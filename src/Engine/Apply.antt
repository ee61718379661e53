-- ===== src/Engine/Apply.antt =====
-- src/eval.rs: the ways in which a combiner is applied, over the doors of the evaluator. The fuel of
-- the walks is that of the door.
use x_engine_rust.Prelude.{
  ℕ, zero, suc, ◌-◌, Bool, true, false, not, Option, none, some, List, [], ◌∷◌, ◌++◌, ◌==◌,
  if◌then◌else◌, length, replicate,
}
use x_engine_rust.Obj.{Obj, EnvId, nil, is_nil}
use x_engine_rust.Objects.{Objects, first, rest}
use x_engine_rust.Objects.Kinds.{codes}
use x_engine_rust.Value.{
  is_cell, is_foreign, list, closure_params, closure_body, closure_env, op_params, op_envname,
  op_body, op_env, wrapper_inner,
}
use x_engine_rust.Value.Make.{env_obj}
use x_engine_rust.Base.{env_of}
use x_engine_rust.Env.Frames.{push_frame, bind_params, bind_spine}
use x_engine_rust.Env.{bind}
use x_engine_rust.Typed.{from, type_handler}
use x_engine_rust.Pending.{value_spine, quote_values, tail_take, park_tail, save_push, save_pop}
use x_engine_rust.Engine.{
  engine_msg, body_rec, args_rec, Engine, M, pure, raise, of, gets, reads, walks, makes, frames,
  attempt, writes, updates, binds, ◌>>=◌, ◌>>◌, on_option, root_push, push_roots, rooted,
  env_rooted, recorded, Door,
}

-- The end of a spine: nil when it is proper.
unfoldable pub spine_end : ℕ → Objects → Obj → Option Obj
unfolding is_cell rest
spine_end zero s at = if is_cell s at then none else some at
spine_end (suc fuel) s at =
    let more = spine_end fuel s (rest s at) in if is_cell s at then more else some at

-- `if vals.len() < n { vals.resize(n, NIL) }`.
abbrev pub pad : List Obj → ℕ → List Obj
pad vals n = vals ++ replicate (n - length vals) nil

-- The handler that an entry of an ops alist names, by identity.
unfoldable pub ops_find : Objects → List Obj → Obj → Option Obj
unfolding first rest
ops_find s [] name = none
ops_find s (entry ∷ entries) name =
    if first s entry == name then some (rest s entry) else ops_find s entries name

abbrev find_ops : Objects → Obj → Option (List Obj) → Option (Option Obj)
find_ops s name none = none
find_ops s name (some entries) = some (ops_find s entries name)

unfoldable pub ops_lookup : ℕ → Objects → Obj → Obj → Option (Option Obj)
unfolding list ops_find
ops_lookup fuel s alist name =
    if is_nil alist then some none else find_ops s name (list fuel s alist)

unfoldable pub from_find : Objects → List Obj → Obj → Bool
unfolding first
from_find s [] name = false
from_find s (entry ∷ entries) name =
    if first s entry == name then true else from_find s entries name

abbrev find_from : Objects → Obj → Option (List Obj) → Option Bool
find_from s name none = none
find_from s name (some entries) = some (from_find s entries name)

-- Whether a type declares a conversion from the type of a name.
unfoldable pub declares_from : ℕ → Objects → Obj → Obj → Option Bool
unfolding type_handler list from_find
declares_from fuel s ty name =
    let alist = type_handler s ty from in
    if is_nil alist then some false else find_from s name (list fuel s alist)

-- The environment of the forms of the top level.
unfoldable pub root_env : M EnvId
unfolding gets env_of
root_env = gets (λ (e : Engine). env_of e.objects e.base)

module _ (d : Door) where
  -- A tail that was parked is run to a value.
  unfoldable pub settle_tail : Obj → M Obj
  unfolding makes tail_take on_option ◌>>=◌
  settle_tail v = do t ← makes (λ s. some (tail_take s)); on_option t (pure v) (λ p. d.eval p.0 p.1)

  unfoldable pub settle : Obj → EnvId → M Obj
  unfolding settle_tail
  settle v env = settle_tail v

  unfoldable pub eval_call : Obj → Obj → EnvId → M Obj
  unfolding on_option settle ◌>>=◌
  eval_call callee args env = do
    r ← d.combine callee args env
    on_option r (pure callee) (λ v. settle v env)

  -- The spine for values that are computed: raw for machine code, quoted for the rest.
  unfoldable pub spine_for : Obj → List Obj → M Obj
  unfolding makes reads is_foreign value_spine quote_values ◌>>=◌
  spine_for callee vals = do
    foreign ← reads (λ s. is_foreign s callee)
    makes (λ s. if foreign then value_spine d.fuel s vals else quote_values d.fuel s vals)

  unfoldable pub call_with_values : Obj → List Obj → EnvId → M Obj
  unfolding rooted spine_for root_push eval_call ◌>>=◌
  call_with_values callee vals env =
      rooted (callee ∷ vals)
        do spine ← spine_for callee vals; root_push spine; eval_call callee spine env

  unfoldable pub call_with_values_tail : Obj → List Obj → EnvId → M Obj
  unfolding rooted spine_for root_push on_option ◌>>=◌
  call_with_values_tail callee vals env = rooted (callee ∷ vals) do
    spine ← spine_for callee vals
    root_push spine
    r ← d.combine callee spine env
    on_option r (pure callee) (λ v. pure v)

  -- The loop over the argument forms, from the cell `node`, with the values so far.
  unfoldable pub arg_steps : Obj → EnvId → ℕ → Obj → List Obj → List Obj → M (List Obj)
  unfolding reads rest recorded root_push ◌>>=◌
  arg_steps callee env n node vals [] = pure vals
  arg_steps callee env n node vals (f ∷ forms) = do
    next ← reads (λ s. rest s node)
    v ←
        if is_nil callee
        then d.eval f env
        else recorded (args_rec callee vals next env n) (d.eval f env)
    root_push v
    arg_steps callee env n next (vals ++ v ∷ []) forms

  unfoldable pub eval_args_for : Obj → Obj → EnvId → ℕ → M (List Obj)
  unfolding walks spine_end list rooted arg_steps push_roots ◌>>=◌
  eval_args_for callee args env n = do
    end ← walks (λ s. spine_end d.fuel s args)
    if not (is_nil end) then raise (engine_msg (codes "improper argument list")) else (do
      forms ← walks (λ s. list d.fuel s args)
      vals ← rooted forms (arg_steps callee env n args [] forms)
      push_roots vals
      pure vals)

  unfoldable pub eval_args : Obj → EnvId → M (List Obj)
  unfolding eval_args_for
  eval_args args env = eval_args_for nil args env 0

  unfoldable pub eargs_for : Obj → Obj → EnvId → ℕ → M (List Obj)
  unfolding rooted eval_args_for ◌>>=◌
  eargs_for callee args env n = do
    vals ← rooted (args ∷ []) (eval_args_for callee args env n)
    pure (pad vals n)

  unfoldable pub eargs : Obj → EnvId → ℕ → M (List Obj)
  unfolding eargs_for
  eargs args env n = eargs_for nil args env n

  -- The forms of a body from the cell `node`: each but the last is evaluated, and the last parked.
  unfoldable pub body_steps : Obj → EnvId → List Obj → M Obj
  unfolding writes park_tail reads rest recorded ◌>>=◌
  body_steps node env [] = pure nil
  body_steps node env (f ∷ []) = writes (λ s. park_tail s f env) >> pure nil
  body_steps node env (f ∷ g ∷ forms) = do
    next ← reads (λ s. rest s node)
    recorded (body_rec next env) (d.eval f env)
    body_steps next env (g ∷ forms)

  unfoldable pub eval_body_tail : Obj → EnvId → M Obj
  unfolding walks list body_steps ◌>>=◌
  eval_body_tail body env = do forms ← walks (λ s. list d.fuel s body); body_steps body env forms

  unfoldable pub seq_steps : Obj → EnvId → Obj → List Obj → M Obj
  unfolding reads rest recorded ◌>>=◌
  seq_steps node env last [] = pure last
  seq_steps node env last (f ∷ forms) = do
    next ← reads (λ s. rest s node)
    v ← recorded (body_rec next env) (d.eval f env)
    seq_steps next env v forms

  unfoldable pub eval_body : Obj → EnvId → M Obj
  unfolding walks list seq_steps ◌>>=◌
  eval_body body env = do forms ← walks (λ s. list d.fuel s body); seq_steps body env nil forms

  -- The save is held over the body and released also when it fails.
  unfoldable pub saved : EnvId → M Obj → M Obj
  unfolding updates save_push attempt writes save_pop ◌>>=◌
  saved env m = do updates (λ s. save_push s env); out ← attempt m; writes save_pop; of out

  unfoldable pub apply_closure_bound : Obj → List Obj → M Obj
  unfolding reads closure_params closure_body closure_env frames push_frame env_rooted binds
      bind_params saved eval_body_tail ◌>>=◌
  apply_closure_bound callee vals = do
    params ← reads (λ s. closure_params s callee)
    body ← reads (λ s. closure_body s callee)
    defenv ← reads (λ s. closure_env s callee)
    frame ← frames (λ envs s. push_frame d.fuel envs s defenv)
    env_rooted frame do
      binds (λ envs s. bind_params d.fuel envs s frame params (callee ∷ vals))
      saved frame (eval_body_tail body frame)

  unfoldable pub apply_closure : Obj → Obj → EnvId → M Obj
  unfolding eval_args_for apply_closure_bound ◌>>=◌
  apply_closure callee args env = do
    vals ← eval_args_for callee args env 0
    apply_closure_bound callee vals

  unfoldable pub apply_closure_values : Obj → List Obj → M Obj
  unfolding rooted apply_closure_bound settle_tail ◌>>=◌
  apply_closure_values callee vals =
      rooted (callee ∷ vals) (apply_closure_bound callee vals >>= settle_tail)

  -- The name that an operative has for the environment of its caller.
  unfoldable pub bind_caller : EnvId → Obj → EnvId → M (Unit {0})
  unfolding makes env_obj binds bind ◌>>=◌
  bind_caller frame envname env = if is_nil envname then pure tt else (do
    o ← makes (λ s. env_obj d.fuel s env)
    binds (λ envs s. bind d.fuel envs s frame envname o))

  unfoldable pub apply_op : Obj → Obj → EnvId → M Obj
  unfolding reads op_params op_envname op_body op_env frames push_frame env_rooted binds bind_spine
      bind_caller eval_body_tail ◌>>=◌
  apply_op callee args env = do
    params ← reads (λ s. op_params s callee)
    envname ← reads (λ s. op_envname s callee)
    body ← reads (λ s. op_body s callee)
    defenv ← reads (λ s. op_env s callee)
    frame ← frames (λ envs s. push_frame d.fuel envs s defenv)
    env_rooted frame do
      binds (λ envs s. bind_spine d.fuel envs s frame params args)
      bind_caller frame envname env
      eval_body_tail body frame

  unfoldable pub apply_wrapper : Obj → Obj → EnvId → M Obj
  unfolding reads wrapper_inner eval_args makes value_spine eval_call ◌>>=◌
  apply_wrapper w args env = do
    inner ← reads (λ s. wrapper_inner s w)
    vals ← eval_args args env
    spine ← makes (λ s. value_spine d.fuel s vals)
    eval_call inner spine env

● ● ● ●

» **What the task asks**
Could you transcribe the entries exactly, from the first line through the line containing "-- The end of a spine: nil when it is proper.", and give nothing more?

» **Result of this task**
filename src/Engine/Apply.antt
repository ee61718379661e53
-- ===== src/Engine/Apply.antt =====
-- src/eval.rs: the ways in which a combiner is applied, over the doors of the evaluator. The fuel of
-- the walks is that of the door.
use x_engine_rust.Prelude.{
  ℕ, zero, suc, ◌-◌, Bool, true, false, not, Option, none, some, List, [], ◌∷◌, ◌++◌, ◌==◌,
  if◌then◌else◌, length, replicate,
}
use x_engine_rust.Obj.{Obj, EnvId, nil, is_nil}
use x_engine_rust.Objects.{Objects, first, rest}
use x_engine_rust.Objects.Kinds.{codes}
use x_engine_rust.Value.{
  is_cell, is_foreign, list, closure_params, closure_body, closure_env, op_params, op_envname,
  op_body, op_env, wrapper_inner,
}
use x_engine_rust.Value.Make.{env_obj}
use x_engine_rust.Base.{env_of}
use x_engine_rust.Env.Frames.{push_frame, bind_params, bind_spine}
use x_engine_rust.Env.{bind}
use x_engine_rust.Typed.{from, type_handler}
use x_engine_rust.Pending.{value_spine, quote_values, tail_take, park_tail, save_push, save_pop}
use x_engine_rust.Engine.{
  engine_msg, body_rec, args_rec, Engine, M, pure, raise, of, gets, reads, walks, makes, frames,
  attempt, writes, updates, binds, ◌>>=◌, ◌>>◌, on_option, root_push, push_roots, rooted,
  env_rooted, recorded, Door,
}

-- The end of a spine: nil when it is proper.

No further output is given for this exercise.